[[ MATERIAL FOR THE TASK, beginning ]]

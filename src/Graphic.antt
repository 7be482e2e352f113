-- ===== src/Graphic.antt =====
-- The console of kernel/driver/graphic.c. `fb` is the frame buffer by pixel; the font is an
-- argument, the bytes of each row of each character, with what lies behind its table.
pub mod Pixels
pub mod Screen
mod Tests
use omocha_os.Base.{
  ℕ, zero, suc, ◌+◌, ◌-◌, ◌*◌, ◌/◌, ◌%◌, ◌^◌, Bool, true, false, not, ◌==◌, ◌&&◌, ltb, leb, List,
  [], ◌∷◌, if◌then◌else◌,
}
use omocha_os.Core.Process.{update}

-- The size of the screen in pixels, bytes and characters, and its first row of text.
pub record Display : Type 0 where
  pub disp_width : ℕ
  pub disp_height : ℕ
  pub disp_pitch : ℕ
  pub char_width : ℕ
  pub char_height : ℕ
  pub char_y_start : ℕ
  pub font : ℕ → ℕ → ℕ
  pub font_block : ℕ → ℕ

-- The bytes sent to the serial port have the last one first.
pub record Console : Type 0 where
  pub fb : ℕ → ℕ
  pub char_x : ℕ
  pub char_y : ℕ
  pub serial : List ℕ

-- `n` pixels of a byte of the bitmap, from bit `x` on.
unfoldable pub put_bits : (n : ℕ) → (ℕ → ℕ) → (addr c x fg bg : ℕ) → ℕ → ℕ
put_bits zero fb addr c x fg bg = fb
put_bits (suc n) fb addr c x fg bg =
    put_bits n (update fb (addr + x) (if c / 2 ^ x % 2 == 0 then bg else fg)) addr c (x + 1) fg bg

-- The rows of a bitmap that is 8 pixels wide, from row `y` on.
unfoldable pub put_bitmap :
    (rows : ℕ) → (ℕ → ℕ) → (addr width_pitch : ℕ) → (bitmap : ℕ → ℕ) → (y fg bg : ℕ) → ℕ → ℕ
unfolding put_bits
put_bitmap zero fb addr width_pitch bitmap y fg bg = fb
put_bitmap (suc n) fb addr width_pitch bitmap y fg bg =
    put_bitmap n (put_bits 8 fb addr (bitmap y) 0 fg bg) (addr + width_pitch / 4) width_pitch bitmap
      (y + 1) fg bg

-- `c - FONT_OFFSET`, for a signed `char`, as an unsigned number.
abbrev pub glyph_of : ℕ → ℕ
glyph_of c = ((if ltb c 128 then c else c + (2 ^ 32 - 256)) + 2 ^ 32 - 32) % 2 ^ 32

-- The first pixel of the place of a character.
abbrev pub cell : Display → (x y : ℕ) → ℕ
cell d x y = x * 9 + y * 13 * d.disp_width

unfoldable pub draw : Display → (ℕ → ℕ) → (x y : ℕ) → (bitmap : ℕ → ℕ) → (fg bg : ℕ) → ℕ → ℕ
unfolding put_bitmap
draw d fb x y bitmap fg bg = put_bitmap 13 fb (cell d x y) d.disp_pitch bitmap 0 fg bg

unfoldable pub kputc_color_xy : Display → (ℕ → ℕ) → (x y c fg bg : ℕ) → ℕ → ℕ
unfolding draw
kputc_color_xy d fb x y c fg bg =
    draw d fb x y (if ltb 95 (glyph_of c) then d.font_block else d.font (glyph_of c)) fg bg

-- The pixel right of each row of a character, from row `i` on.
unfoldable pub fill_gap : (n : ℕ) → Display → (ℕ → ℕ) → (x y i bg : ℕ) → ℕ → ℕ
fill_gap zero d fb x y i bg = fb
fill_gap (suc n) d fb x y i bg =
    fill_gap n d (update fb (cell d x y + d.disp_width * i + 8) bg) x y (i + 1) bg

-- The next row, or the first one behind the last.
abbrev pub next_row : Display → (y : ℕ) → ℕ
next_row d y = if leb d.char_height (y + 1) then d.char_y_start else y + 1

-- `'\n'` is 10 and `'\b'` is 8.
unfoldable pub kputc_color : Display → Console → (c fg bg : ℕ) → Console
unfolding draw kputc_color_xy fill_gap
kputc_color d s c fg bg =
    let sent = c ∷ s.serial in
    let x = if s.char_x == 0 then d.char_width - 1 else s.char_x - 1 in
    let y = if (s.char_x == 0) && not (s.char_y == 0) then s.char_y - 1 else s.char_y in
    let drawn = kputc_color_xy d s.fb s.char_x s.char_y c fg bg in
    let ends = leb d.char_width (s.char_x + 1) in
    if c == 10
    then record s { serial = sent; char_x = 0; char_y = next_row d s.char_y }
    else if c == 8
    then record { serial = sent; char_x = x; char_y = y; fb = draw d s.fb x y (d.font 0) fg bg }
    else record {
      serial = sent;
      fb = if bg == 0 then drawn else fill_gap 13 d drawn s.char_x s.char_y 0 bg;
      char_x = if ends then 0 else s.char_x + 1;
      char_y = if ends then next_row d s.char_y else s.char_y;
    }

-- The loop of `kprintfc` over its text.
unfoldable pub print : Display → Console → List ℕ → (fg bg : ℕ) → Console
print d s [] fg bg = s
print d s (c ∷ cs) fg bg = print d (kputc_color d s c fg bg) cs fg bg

[[ MATERIAL FOR THE TASK, end ]]

HOW TO COMPLETE THIS TASK
From the line that has "pub fb : ℕ → ℕ" through the line that has "-- The next", copy every line exactly as it appears above, and leave out all others.

EXPECTED ANSWER
  pub fb : ℕ → ℕ
  pub char_x : ℕ
  pub char_y : ℕ
  pub serial : List ℕ

-- `n` pixels of a byte of the bitmap, from bit `x` on.
unfoldable pub put_bits : (n : ℕ) → (ℕ → ℕ) → (addr c x fg bg : ℕ) → ℕ → ℕ
put_bits zero fb addr c x fg bg = fb
put_bits (suc n) fb addr c x fg bg =
    put_bits n (update fb (addr + x) (if c / 2 ^ x % 2 == 0 then bg else fg)) addr c (x + 1) fg bg

-- The rows of a bitmap that is 8 pixels wide, from row `y` on.
unfoldable pub put_bitmap :
    (rows : ℕ) → (ℕ → ℕ) → (addr width_pitch : ℕ) → (bitmap : ℕ → ℕ) → (y fg bg : ℕ) → ℕ → ℕ
unfolding put_bits
put_bitmap zero fb addr width_pitch bitmap y fg bg = fb
put_bitmap (suc n) fb addr width_pitch bitmap y fg bg =
    put_bitmap n (put_bits 8 fb addr (bitmap y) 0 fg bg) (addr + width_pitch / 4) width_pitch bitmap
      (y + 1) fg bg

-- `c - FONT_OFFSET`, for a signed `char`, as an unsigned number.
abbrev pub glyph_of : ℕ → ℕ
glyph_of c = ((if ltb c 128 then c else c + (2 ^ 32 - 256)) + 2 ^ 32 - 32) % 2 ^ 32

-- The first pixel of the place of a character.
abbrev pub cell : Display → (x y : ℕ) → ℕ
cell d x y = x * 9 + y * 13 * d.disp_width

unfoldable pub draw : Display → (ℕ → ℕ) → (x y : ℕ) → (bitmap : ℕ → ℕ) → (fg bg : ℕ) → ℕ → ℕ
unfolding put_bitmap
draw d fb x y bitmap fg bg = put_bitmap 13 fb (cell d x y) d.disp_pitch bitmap 0 fg bg

unfoldable pub kputc_color_xy : Display → (ℕ → ℕ) → (x y c fg bg : ℕ) → ℕ → ℕ
unfolding draw
kputc_color_xy d fb x y c fg bg =
    draw d fb x y (if ltb 95 (glyph_of c) then d.font_block else d.font (glyph_of c)) fg bg

-- The pixel right of each row of a character, from row `i` on.
unfoldable pub fill_gap : (n : ℕ) → Display → (ℕ → ℕ) → (x y i bg : ℕ) → ℕ → ℕ
fill_gap zero d fb x y i bg = fb
fill_gap (suc n) d fb x y i bg =
    fill_gap n d (update fb (cell d x y + d.disp_width * i + 8) bg) x y (i + 1) bg

-- The next row, or the first one behind the last.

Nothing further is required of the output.